Give every entry again, exactly.

Provided data>
☆ ☆ ☆ ☆ ☆
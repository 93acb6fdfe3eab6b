-- ===== src/SocialBrain/Promise.antt =====
-- An upsert against a promise that is made of the inputs alone, for any of the three tables.
use openzigs_social.Prelude.{
  ℕ, suc, String, ◌&&◌, Option, none, some, List, [], ◌∷◌, ◌≡◌, refl, ap, inl, inr, str_eq,
  if◌then◌else◌, Bool-cases, Option-cases,
}
use mathlib.Core.Option
use openzigs_social.Sql.{Table}
use openzigs_social.Sql.Upsert.{find_by, upsert, find_by-upsert}

-- What is promised after inputs, of what was there.
abbrev pub promised :
    {I V : Type 0}
    → (V → List (ℕ × I) → V)
    → (List (ℕ × I) → Option V)
    → Option V
    → List (ℕ × I)
    → Option V
promised later spec none es = spec es
promised later spec (some v) es = some (later v es)

pub promised-nil :
    {I V : Type 0} (later : V → List (ℕ × I) → V) (spec : List (ℕ × I) → Option V)
    → spec [] ≡ none
    → ((v : V) → later v [] ≡ v)
    → (o : Option V) → promised later spec o [] ≡ o
promised-nil later spec nothing same none = nothing
promised-nil later spec nothing same (some v) = ap some (same v)

module _ {Row I V : Type 0} (fst snd : Row → String) (view : Row → V) (later : V → List (ℕ × I) → V)
    (spec : List (ℕ × I) → Option V) (merge : ℕ → I → Row → Row) (make : ℕ → I → ℕ → Row)
    (fst_of snd_of : I → String)
    (fst' : (now : ℕ) (input : I) (r : Row) → fst (merge now input r) ≡ fst r)
    (snd' : (now : ℕ) (input : I) (r : Row) → snd (merge now input r) ≡ snd r)
    (first : (now : ℕ) (input : I) (k : ℕ) → fst (make now input k) ≡ fst_of input)
    (second : (now : ℕ) (input : I) (k : ℕ) → snd (make now input k) ≡ snd_of input)
    (old : (now : ℕ) (input : I) (r : Row) (es : List (ℕ × I))
      → later (view (merge now input r)) es ≡ later (view r) ((now, input) ∷ es))
    (new : (now : ℕ) (input : I) (k : ℕ) (es : List (ℕ × I))
      → some (later (view (make now input k)) es) ≡ spec ((now, input) ∷ es)) where
  pub promised-upsert :
      (now : ℕ) (input : I) (q j : String) (t : Table Row) (es : List (ℕ × I))
      → let t' =
          upsert fst snd (fst_of input) (snd_of input) (merge now input) (make now input) t in
        promised later spec (Option.map view (find_by fst snd q j t'.rows)) es
        ≡ promised later spec
            (Option.map view (find_by fst snd q j t.rows))
            (if str_eq (fst_of input) q && str_eq (snd_of input) j then (now, input) ∷ es else es)
  promised-upsert now input q j t es =
      let found =
        find_by-upsert fst snd (merge now input) (fst' now input) (snd' now input) (fst_of input)
          (snd_of input) (make now input) (first now input) (second now input) q j t in
      rw found (elim (Bool-cases (str_eq (fst_of input) q && str_eq (snd_of input) j)) [
        | inr miss ↦ rw miss refl
        | inl hit ↦ rw hit (elim (Option-cases (find_by fst snd q j t.rows)) [
          | inl none' ↦ rw none' (new now input (suc t.seq) es)
          | inr (r, here) ↦ rw here (ap some (old now input r es))
        ])
      ])
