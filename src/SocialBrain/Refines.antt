-- ===== src/SocialBrain/Refines.antt =====
-- platform/social-brain/repository.ts: the tables against what the store promises.
use openzigs_social.Prelude.{ℕ, String, Option}
use mathlib.Core.Option
use openzigs_social.Sql.{empty_table}
use openzigs_social.Sql.Upsert.{find_by, upsert}
use openzigs_social.SocialBrain.Types.{
  ContactRow, MessageRow, UpsertThreadInput, UpsertMessageInput, to_contact, to_message,
}
use openzigs_social.SocialBrain.Repository.{
  SocialBrain, contact_platform, contact_key, thread_platform, thread_key, message_platform,
  message_key, new_thread, merge_thread, new_message, merge_message,
}
use openzigs_social.SocialBrain.Spec.{
  ContactView, ThreadView, MessageView, contact_view, thread_view, message_view,
}

abbrev contact_row_view : ContactRow → ContactView
contact_row_view r = contact_view (to_contact r)

abbrev message_row_view : MessageRow → MessageView
message_row_view r = message_view (to_message r)

-- What is seen under a key, in each table.
abbrev see_contact : String → String → SocialBrain → Option ContactView
see_contact p k db =
    Option.map contact_row_view (find_by contact_platform contact_key p k db.contacts.rows)

abbrev see_thread : String → String → SocialBrain → Option ThreadView
see_thread p k db = Option.map thread_view (find_by thread_platform thread_key p k db.threads.rows)

abbrev see_message : String → String → SocialBrain → Option MessageView
see_message p k db =
    Option.map message_row_view (find_by message_platform message_key p k db.messages.rows)

-- The store after an upsert that finds what it refers to.
abbrev written_thread : ℕ → UpsertThreadInput → SocialBrain → SocialBrain
written_thread now input db = record db {
  threads =
      upsert thread_platform thread_key input.platform input.platform_thread_id
        (merge_thread now input) (new_thread now input) db.threads;
}

abbrev written_message : ℕ → UpsertMessageInput → SocialBrain → SocialBrain
written_message now input db = record db {
  messages =
      upsert message_platform message_key input.platform input.platform_message_id
        (merge_message now input) (new_message now input) db.messages;
}

abbrev pub empty_brain : SocialBrain
empty_brain = record { contacts = empty_table; threads = empty_table; messages = empty_table }
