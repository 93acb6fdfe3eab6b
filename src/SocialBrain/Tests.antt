-- ===== src/SocialBrain/Tests.antt =====
-- A message that is refused before its thread is there, and that a webhook then delivers twice, the
-- second time edited.
use openzigs_social.Prelude.{ℕ, String, Option, none, some, List, [], ◌∷◌, ◌≡◌, refl}
use mathlib.Core.Option
use openzigs_social.SocialBrain.Types.{no_fields, field, text, UpsertMessageInput, inbound}
use openzigs_social.SocialBrain.Repository.{
  upsert_contact, upsert_thread, upsert_message, refers, new_contact, new_thread, new_message,
  merge_message,
}
use openzigs_social.Sql.{find, insert, update_where, update_rows}
use openzigs_social.Sql.Upsert.{find_by, upsert}
use openzigs_social.SocialBrain.Spec.{
  Call, contact_call, thread_call, message_call, valid_calls, run, step, message_inputs,
  spec_message,
}
use openzigs_social.SocialBrain.Refines.{empty_brain}

abbrev message : String → Option ℕ → UpsertMessageInput
message body thread = record {
  platform = "x";
  platform_message_id = "m1";
  thread_id = thread;
  contact_id = none;
  direction = none;
  body = body;
  metadata = none;
  sent_at = some 5;
}

abbrev deliveries : List Call
deliveries =
    contact_call 10 (record {
      platform = "x";
      platform_contact_id = "c1";
      handle = some "ann";
      display_name = none;
      avatar_url = none;
      metadata = some (field "bio" (text "hi") no_fields);
    })
    ∷ message_call 10 (message "hello" (some 1))
    ∷ thread_call 11 (record {
      platform = "x";
      platform_thread_id = "t1";
      contact_id = some 1;
      subject = none;
      last_message_at = none;
    })
    ∷ message_call 11 (message "helo" (some 1))
    ∷ message_call 12 (message "hello" none)
    ∷ []

edited :
    spec_message (message_inputs "x" "m1" (valid_calls deliveries empty_brain))
    ≡ some (record {
      thread_id = some 1;
      contact_id = none;
      direction = inbound;
      body = "hello";
      metadata = none;
      sent_at = some 5;
      created_at = 11;
      updated_at = 12;
    })
unfolding run step upsert_contact upsert_thread upsert_message refers upsert find_by insert
    update_where update_rows find new_contact new_thread new_message merge_message
edited = refl
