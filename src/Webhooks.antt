-- ===== src/Webhooks.antt =====
-- platform/webhooks: the receiver of the platforms' webhooks.
pub mod Registry
pub mod Receiver
pub mod Replay
pub mod Again
mod Tests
☆ ☆ ☆ ☆ ☆
Output below>
repository 93acb6fdfe3eab6b
-- ===== src/SocialBrain/Promise.antt =====
-- An upsert against a promise that is made of the inputs alone, for any of the three tables.
use openzigs_social.Prelude.{
  ℕ, suc, String, ◌&&◌, Option, none, some, List, [], ◌∷◌, ◌≡◌, refl, ap, inl, inr, str_eq,
  if◌then◌else◌, Bool-cases, Option-cases,
}
use mathlib.Core.Option
use openzigs_social.Sql.{Table}
use openzigs_social.Sql.Upsert.{find_by, upsert, find_by-upsert}

-- What is promised after inputs, of what was there.
abbrev pub promised :
    {I V : Type 0}
    → (V → List (ℕ × I) → V)
    → (List (ℕ × I) → Option V)
    → Option V
    → List (ℕ × I)
    → Option V
promised later spec none es = spec es
promised later spec (some v) es = some (later v es)

pub promised-nil :
    {I V : Type 0} (later : V → List (ℕ × I) → V) (spec : List (ℕ × I) → Option V)
    → spec [] ≡ none
    → ((v : V) → later v [] ≡ v)
    → (o : Option V) → promised later spec o [] ≡ o
promised-nil later spec nothing same none = nothing
promised-nil later spec nothing same (some v) = ap some (same v)

module _ {Row I V : Type 0} (fst snd : Row → String) (view : Row → V) (later : V → List (ℕ × I) → V)
    (spec : List (ℕ × I) → Option V) (merge : ℕ → I → Row → Row) (make : ℕ → I → ℕ → Row)
    (fst_of snd_of : I → String)
    (fst' : (now : ℕ) (input : I) (r : Row) → fst (merge now input r) ≡ fst r)
    (snd' : (now : ℕ) (input : I) (r : Row) → snd (merge now input r) ≡ snd r)
    (first : (now : ℕ) (input : I) (k : ℕ) → fst (make now input k) ≡ fst_of input)
    (second : (now : ℕ) (input : I) (k : ℕ) → snd (make now input k) ≡ snd_of input)
    (old : (now : ℕ) (input : I) (r : Row) (es : List (ℕ × I))
      → later (view (merge now input r)) es ≡ later (view r) ((now, input) ∷ es))
    (new : (now : ℕ) (input : I) (k : ℕ) (es : List (ℕ × I))
      → some (later (view (make now input k)) es) ≡ spec ((now, input) ∷ es)) where
  pub promised-upsert :
      (now : ℕ) (input : I) (q j : String) (t : Table Row) (es : List (ℕ × I))
      → let t' =
          upsert fst snd (fst_of input) (snd_of input) (merge now input) (make now input) t in
        promised later spec (Option.map view (find_by fst snd q j t'.rows)) es
        ≡ promised later spec
            (Option.map view (find_by fst snd q j t.rows))
            (if str_eq (fst_of input) q && str_eq (snd_of input) j then (now, input) ∷ es else es)
  promised-upsert now input q j t es =
      let found =
        find_by-upsert fst snd (merge now input) (fst' now input) (snd' now input) (fst_of input)
          (snd_of input) (make now input) (first now input) (second now input) q j t in
      rw found (elim (Bool-cases (str_eq (fst_of input) q && str_eq (snd_of input) j)) [
        | inr miss ↦ rw miss refl
        | inl hit ↦ rw hit (elim (Option-cases (find_by fst snd q j t.rows)) [
          | inl none' ↦ rw none' (new now input (suc t.seq) es)
          | inr (r, here) ↦ rw here (ap some (old now input r es))
        ])
      ])
filename src/SocialBrain/Refines.antt
-- ===== src/SocialBrain/Refines.antt =====
-- platform/social-brain/repository.ts: the tables against what the store promises.
use openzigs_social.Prelude.{ℕ, String, Option}
use mathlib.Core.Option
use openzigs_social.Sql.{empty_table}
use openzigs_social.Sql.Upsert.{find_by, upsert}
use openzigs_social.SocialBrain.Types.{
  ContactRow, MessageRow, UpsertThreadInput, UpsertMessageInput, to_contact, to_message,
}
use openzigs_social.SocialBrain.Repository.{
  SocialBrain, contact_platform, contact_key, thread_platform, thread_key, message_platform,
  message_key, new_thread, merge_thread, new_message, merge_message,
}
use openzigs_social.SocialBrain.Spec.{
  ContactView, ThreadView, MessageView, contact_view, thread_view, message_view,
}

abbrev contact_row_view : ContactRow → ContactView
contact_row_view r = contact_view (to_contact r)

abbrev message_row_view : MessageRow → MessageView
message_row_view r = message_view (to_message r)

-- What is seen under a key, in each table.
abbrev see_contact : String → String → SocialBrain → Option ContactView
see_contact p k db =
    Option.map contact_row_view (find_by contact_platform contact_key p k db.contacts.rows)

abbrev see_thread : String → String → SocialBrain → Option ThreadView
see_thread p k db = Option.map thread_view (find_by thread_platform thread_key p k db.threads.rows)

abbrev see_message : String → String → SocialBrain → Option MessageView
see_message p k db =
    Option.map message_row_view (find_by message_platform message_key p k db.messages.rows)

-- The store after an upsert that finds what it refers to.
abbrev written_thread : ℕ → UpsertThreadInput → SocialBrain → SocialBrain
written_thread now input db = record db {
  threads =
      upsert thread_platform thread_key input.platform input.platform_thread_id
        (merge_thread now input) (new_thread now input) db.threads;
}

abbrev written_message : ℕ → UpsertMessageInput → SocialBrain → SocialBrain
written_message now input db = record db {
  messages =
      upsert message_platform message_key input.platform input.platform_message_id
        (merge_message now input) (new_message now input) db.messages;
}

abbrev pub empty_brain : SocialBrain
empty_brain = record { contacts = empty_table; threads = empty_table; messages = empty_table }
repository 93acb6fdfe3eab6b
filename src/SocialBrain/Tests.antt
-- ===== src/SocialBrain/Tests.antt =====
-- A message that is refused before its thread is there, and that a webhook then delivers twice, the
-- second time edited.
use openzigs_social.Prelude.{ℕ, String, Option, none, some, List, [], ◌∷◌, ◌≡◌, refl}
use mathlib.Core.Option
use openzigs_social.SocialBrain.Types.{no_fields, field, text, UpsertMessageInput, inbound}
use openzigs_social.SocialBrain.Repository.{
  upsert_contact, upsert_thread, upsert_message, refers, new_contact, new_thread, new_message,
  merge_message,
}
use openzigs_social.Sql.{find, insert, update_where, update_rows}
use openzigs_social.Sql.Upsert.{find_by, upsert}
use openzigs_social.SocialBrain.Spec.{
  Call, contact_call, thread_call, message_call, valid_calls, run, step, message_inputs,
  spec_message,
}
use openzigs_social.SocialBrain.Refines.{empty_brain}

abbrev message : String → Option ℕ → UpsertMessageInput
message body thread = record {
  platform = "x";
  platform_message_id = "m1";
  thread_id = thread;
  contact_id = none;
  direction = none;
  body = body;
  metadata = none;
  sent_at = some 5;
}

abbrev deliveries : List Call
deliveries =
    contact_call 10 (record {
      platform = "x";
      platform_contact_id = "c1";
      handle = some "ann";
      display_name = none;
      avatar_url = none;
      metadata = some (field "bio" (text "hi") no_fields);
    })
    ∷ message_call 10 (message "hello" (some 1))
    ∷ thread_call 11 (record {
      platform = "x";
      platform_thread_id = "t1";
      contact_id = some 1;
      subject = none;
      last_message_at = none;
    })
    ∷ message_call 11 (message "helo" (some 1))
    ∷ message_call 12 (message "hello" none)
    ∷ []

edited :
    spec_message (message_inputs "x" "m1" (valid_calls deliveries empty_brain))
    ≡ some (record {
      thread_id = some 1;
      contact_id = none;
      direction = inbound;
      body = "hello";
      metadata = none;
      sent_at = some 5;
      created_at = 11;
      updated_at = 12;
    })
unfolding run step upsert_contact upsert_thread upsert_message refers upsert find_by insert
    update_where update_rows find new_contact new_thread new_message merge_message
edited = refl
filename src/Webhooks.antt
-- ===== src/Webhooks.antt =====
-- platform/webhooks: the receiver of the platforms' webhooks.
pub mod Registry
pub mod Receiver
pub mod Replay
pub mod Again
mod Tests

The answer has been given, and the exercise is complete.